▶ TASK GOAL
Gather each line of the entries below that includes "unannounced".

══ RECORDS FOR THIS TASK

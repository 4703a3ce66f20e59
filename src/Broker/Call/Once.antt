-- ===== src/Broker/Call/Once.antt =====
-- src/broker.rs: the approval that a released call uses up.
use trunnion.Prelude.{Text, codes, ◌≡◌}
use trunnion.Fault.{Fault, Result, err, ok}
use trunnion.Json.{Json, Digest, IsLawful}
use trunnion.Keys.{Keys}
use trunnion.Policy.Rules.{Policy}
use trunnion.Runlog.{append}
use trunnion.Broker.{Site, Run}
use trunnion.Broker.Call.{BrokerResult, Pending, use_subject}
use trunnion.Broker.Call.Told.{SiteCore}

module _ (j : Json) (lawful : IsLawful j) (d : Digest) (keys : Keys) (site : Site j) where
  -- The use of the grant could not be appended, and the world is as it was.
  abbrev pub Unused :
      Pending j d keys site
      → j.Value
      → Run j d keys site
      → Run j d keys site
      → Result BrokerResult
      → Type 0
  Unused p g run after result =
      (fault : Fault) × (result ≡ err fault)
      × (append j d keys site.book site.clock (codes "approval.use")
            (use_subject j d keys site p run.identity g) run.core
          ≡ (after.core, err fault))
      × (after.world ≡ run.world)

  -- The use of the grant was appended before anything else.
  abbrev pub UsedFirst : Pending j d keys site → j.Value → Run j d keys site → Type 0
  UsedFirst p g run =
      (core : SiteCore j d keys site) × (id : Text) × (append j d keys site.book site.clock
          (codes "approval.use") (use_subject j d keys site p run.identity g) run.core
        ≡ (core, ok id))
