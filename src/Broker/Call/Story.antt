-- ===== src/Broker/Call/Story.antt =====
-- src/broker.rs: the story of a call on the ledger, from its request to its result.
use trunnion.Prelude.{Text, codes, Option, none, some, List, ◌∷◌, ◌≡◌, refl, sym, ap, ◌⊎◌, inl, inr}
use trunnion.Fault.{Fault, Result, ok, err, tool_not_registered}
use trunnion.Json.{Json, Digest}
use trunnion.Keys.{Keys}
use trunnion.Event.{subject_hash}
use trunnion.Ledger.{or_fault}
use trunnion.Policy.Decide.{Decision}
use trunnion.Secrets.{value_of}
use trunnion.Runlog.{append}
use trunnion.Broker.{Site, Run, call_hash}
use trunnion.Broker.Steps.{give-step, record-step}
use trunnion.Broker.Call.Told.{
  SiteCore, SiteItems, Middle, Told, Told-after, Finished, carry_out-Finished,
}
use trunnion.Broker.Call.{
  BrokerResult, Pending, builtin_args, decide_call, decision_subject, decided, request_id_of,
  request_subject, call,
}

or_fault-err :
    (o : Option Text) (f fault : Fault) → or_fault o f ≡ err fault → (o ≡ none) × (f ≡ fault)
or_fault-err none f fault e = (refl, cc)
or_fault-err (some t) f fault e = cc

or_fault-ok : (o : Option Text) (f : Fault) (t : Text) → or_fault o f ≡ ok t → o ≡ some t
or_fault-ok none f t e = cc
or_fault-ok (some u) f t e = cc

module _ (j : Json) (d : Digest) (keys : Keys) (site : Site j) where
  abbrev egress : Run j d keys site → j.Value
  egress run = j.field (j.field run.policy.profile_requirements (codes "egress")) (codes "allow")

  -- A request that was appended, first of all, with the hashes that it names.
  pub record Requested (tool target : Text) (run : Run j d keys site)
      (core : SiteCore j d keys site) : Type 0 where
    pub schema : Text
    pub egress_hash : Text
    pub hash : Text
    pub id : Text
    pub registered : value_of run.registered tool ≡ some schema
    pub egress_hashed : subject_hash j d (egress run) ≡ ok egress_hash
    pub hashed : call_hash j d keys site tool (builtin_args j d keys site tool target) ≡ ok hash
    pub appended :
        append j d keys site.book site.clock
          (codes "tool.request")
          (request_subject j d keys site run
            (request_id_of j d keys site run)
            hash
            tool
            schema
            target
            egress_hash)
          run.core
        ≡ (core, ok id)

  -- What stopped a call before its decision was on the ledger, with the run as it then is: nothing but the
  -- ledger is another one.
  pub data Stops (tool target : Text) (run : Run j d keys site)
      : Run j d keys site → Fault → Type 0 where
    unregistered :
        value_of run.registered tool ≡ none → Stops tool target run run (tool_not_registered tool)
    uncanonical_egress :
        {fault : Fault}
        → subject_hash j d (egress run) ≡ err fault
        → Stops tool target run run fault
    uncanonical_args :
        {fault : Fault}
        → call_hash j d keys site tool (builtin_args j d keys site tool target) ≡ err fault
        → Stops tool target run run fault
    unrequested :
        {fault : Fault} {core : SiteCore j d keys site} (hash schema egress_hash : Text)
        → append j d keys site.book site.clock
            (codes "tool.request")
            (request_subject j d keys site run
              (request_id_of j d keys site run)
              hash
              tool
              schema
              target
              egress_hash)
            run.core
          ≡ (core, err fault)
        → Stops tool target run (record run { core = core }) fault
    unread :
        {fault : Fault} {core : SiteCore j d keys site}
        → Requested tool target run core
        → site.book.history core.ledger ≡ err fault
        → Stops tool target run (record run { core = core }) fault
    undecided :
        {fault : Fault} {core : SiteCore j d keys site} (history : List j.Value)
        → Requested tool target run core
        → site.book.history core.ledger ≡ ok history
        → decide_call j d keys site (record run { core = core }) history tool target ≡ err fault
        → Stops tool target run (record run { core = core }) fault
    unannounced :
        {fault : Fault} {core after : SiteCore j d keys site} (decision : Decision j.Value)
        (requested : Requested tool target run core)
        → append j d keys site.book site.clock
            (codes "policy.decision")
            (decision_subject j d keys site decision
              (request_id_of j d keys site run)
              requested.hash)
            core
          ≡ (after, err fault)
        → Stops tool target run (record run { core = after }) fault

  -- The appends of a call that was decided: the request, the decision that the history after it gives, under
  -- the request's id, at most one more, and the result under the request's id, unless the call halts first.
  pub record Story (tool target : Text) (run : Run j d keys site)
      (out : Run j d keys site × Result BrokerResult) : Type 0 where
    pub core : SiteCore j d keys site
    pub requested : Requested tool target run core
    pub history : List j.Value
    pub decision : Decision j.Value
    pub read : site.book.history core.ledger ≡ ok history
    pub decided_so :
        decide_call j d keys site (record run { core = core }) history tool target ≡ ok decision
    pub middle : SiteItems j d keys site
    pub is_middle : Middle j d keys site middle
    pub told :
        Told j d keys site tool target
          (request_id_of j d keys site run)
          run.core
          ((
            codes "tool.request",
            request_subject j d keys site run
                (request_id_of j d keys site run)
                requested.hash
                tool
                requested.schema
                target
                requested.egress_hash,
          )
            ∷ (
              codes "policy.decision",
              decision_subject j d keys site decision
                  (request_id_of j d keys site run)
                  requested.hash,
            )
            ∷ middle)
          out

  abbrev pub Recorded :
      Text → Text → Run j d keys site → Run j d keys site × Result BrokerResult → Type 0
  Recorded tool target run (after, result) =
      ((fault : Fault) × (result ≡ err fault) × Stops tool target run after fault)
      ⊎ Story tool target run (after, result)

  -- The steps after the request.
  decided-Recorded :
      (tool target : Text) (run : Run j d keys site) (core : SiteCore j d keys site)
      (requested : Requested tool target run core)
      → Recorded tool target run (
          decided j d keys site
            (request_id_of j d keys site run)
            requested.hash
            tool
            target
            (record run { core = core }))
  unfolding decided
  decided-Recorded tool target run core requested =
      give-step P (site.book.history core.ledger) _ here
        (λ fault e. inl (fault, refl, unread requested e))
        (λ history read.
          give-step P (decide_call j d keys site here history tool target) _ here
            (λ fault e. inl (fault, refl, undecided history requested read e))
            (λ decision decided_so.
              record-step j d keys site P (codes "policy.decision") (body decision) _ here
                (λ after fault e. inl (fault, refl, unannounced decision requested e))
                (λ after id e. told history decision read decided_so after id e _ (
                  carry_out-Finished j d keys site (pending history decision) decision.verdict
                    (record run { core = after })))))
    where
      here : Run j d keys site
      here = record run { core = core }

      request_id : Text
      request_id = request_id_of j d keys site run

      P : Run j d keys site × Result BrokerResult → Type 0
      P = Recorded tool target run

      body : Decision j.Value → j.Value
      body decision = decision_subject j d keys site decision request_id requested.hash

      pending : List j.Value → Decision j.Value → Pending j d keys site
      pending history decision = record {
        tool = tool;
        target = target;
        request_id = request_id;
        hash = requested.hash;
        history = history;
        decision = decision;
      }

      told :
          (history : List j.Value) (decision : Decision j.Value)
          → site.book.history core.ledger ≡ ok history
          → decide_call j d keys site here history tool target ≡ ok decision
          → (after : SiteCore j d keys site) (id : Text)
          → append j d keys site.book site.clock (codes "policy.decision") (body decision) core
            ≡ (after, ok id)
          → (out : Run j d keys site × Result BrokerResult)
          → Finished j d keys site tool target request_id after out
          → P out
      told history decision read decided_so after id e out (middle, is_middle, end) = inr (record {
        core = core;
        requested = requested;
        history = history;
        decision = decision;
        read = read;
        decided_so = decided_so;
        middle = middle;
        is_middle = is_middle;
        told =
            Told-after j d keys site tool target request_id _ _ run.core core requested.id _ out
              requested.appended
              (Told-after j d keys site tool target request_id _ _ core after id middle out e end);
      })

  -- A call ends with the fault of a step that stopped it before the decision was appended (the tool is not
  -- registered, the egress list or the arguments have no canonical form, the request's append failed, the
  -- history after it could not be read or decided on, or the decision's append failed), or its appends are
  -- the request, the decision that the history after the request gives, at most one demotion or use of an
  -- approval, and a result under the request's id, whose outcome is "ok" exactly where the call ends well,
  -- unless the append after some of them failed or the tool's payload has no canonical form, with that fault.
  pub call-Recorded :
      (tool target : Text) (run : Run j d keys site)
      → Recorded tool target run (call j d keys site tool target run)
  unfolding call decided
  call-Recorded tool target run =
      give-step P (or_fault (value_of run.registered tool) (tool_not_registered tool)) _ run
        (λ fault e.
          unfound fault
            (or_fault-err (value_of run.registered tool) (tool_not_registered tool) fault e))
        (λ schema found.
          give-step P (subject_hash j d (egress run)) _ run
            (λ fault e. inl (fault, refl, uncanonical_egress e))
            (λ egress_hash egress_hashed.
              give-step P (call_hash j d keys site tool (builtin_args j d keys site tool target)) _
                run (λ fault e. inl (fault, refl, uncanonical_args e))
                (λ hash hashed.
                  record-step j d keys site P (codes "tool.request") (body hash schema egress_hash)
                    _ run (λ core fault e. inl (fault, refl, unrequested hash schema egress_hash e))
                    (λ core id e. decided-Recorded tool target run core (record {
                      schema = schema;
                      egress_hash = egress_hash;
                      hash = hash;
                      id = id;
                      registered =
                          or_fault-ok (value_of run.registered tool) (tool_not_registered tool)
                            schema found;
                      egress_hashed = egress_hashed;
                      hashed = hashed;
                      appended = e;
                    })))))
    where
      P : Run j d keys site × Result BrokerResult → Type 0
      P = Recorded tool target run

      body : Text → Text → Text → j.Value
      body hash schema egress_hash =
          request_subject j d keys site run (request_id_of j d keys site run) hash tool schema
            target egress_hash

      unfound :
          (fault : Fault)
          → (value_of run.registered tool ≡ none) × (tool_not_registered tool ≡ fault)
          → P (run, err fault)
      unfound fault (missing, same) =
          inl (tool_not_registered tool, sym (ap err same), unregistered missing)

════

▶ FINISHED EXERCISE
    unannounced :
                (λ after fault e. inl (fault, refl, unannounced decision requested e))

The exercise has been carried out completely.